After assuring investors last week that beleaguered Sarepta Therapeutics would likely fulfill its financial duties in a deal with Arrowhead Pharmaceuticals, the latter has publicly stated that it has surpassed the threshold to earn its $100 million milestone payment.
The payment is tied to Arrowhead hitting the first enrollment target in a phase 1/2 trial for an investigational RNA interference (RNAi) therapeutic designed to treat type 1 myotonic dystrophy (DM1). The $100 million check is also dependent upon regulatory approval to launch dose escalation in the same study.
Arrowhead said it has met both of these conditions in a July 28 release and now expects to receive the $100 million within 60 days.
The company also said it plans on reaching the second enrollment target by the end of this year, which would trigger a $200 million payment from Sarepta.
Back in November of last year, Sarepta struck a major deal with Arrowhead, making a $500 million upfront payment and a $325 million equity investment to secure rights to seven programs.

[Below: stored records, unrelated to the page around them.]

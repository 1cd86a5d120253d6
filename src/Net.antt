-- ===== src/Net.antt =====
-- What the program takes from `std::net`: addresses, their texts, and socket addresses.
pub mod Ipv4
pub mod Ipv6
pub mod Socket
pub mod Calls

The pact requires Sarepta to pay $50 million a year for five years plus the $300 million in milestone payments associated with the DM1 study’s enrollment.
The announcement comes a few days after Arrowhead said it believes Sarepta will remain good on the deal and comes amid escalating problems for Sarepta stemming from several deaths occurring in patients who received its gene therapies.

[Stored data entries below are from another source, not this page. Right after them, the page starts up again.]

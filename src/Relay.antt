-- ===== src/Relay.antt =====
-- src/relay.rs: the one-client UDP relay.
pub mod State
pub mod Forwarding
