-- ===== src/Routing.antt =====
-- src/routing.rs: IPv4 prefixes and the table of route advertisements.
pub mod Prefix
pub mod Mask
pub mod Parse
pub mod Registry
pub mod Selection
pub mod Leases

Investors have called for more transparency surrounding the genetic medicine company’s clinical trials, and the company has halted all shipments of its Duchenne muscular dystrophy treatment Elevidys after a public back-and-forth with the FDA.
Earlier this month, Sarepta unveiled a massive restructure that included laying off 500 staffers and the discontinuation of several limb-girdle muscular dystrophy (LGMD) programs in efforts to save $400 million annually. The company will also pivot away from gene therapies to focus on siRNA, which underpins the Arrowhead collaboration.
Shortly thereafter, news publication BioCentury reported a patient death had occurred in one of the LGMD trials in June, an event that was not initially publicly shared by Sarepta.
The FDA has since placed a clinical hold across all of the company’s investigational LGMD trials, which are evaluating gene therapies engineered by Sarepta using the same viral vector as Elevidys.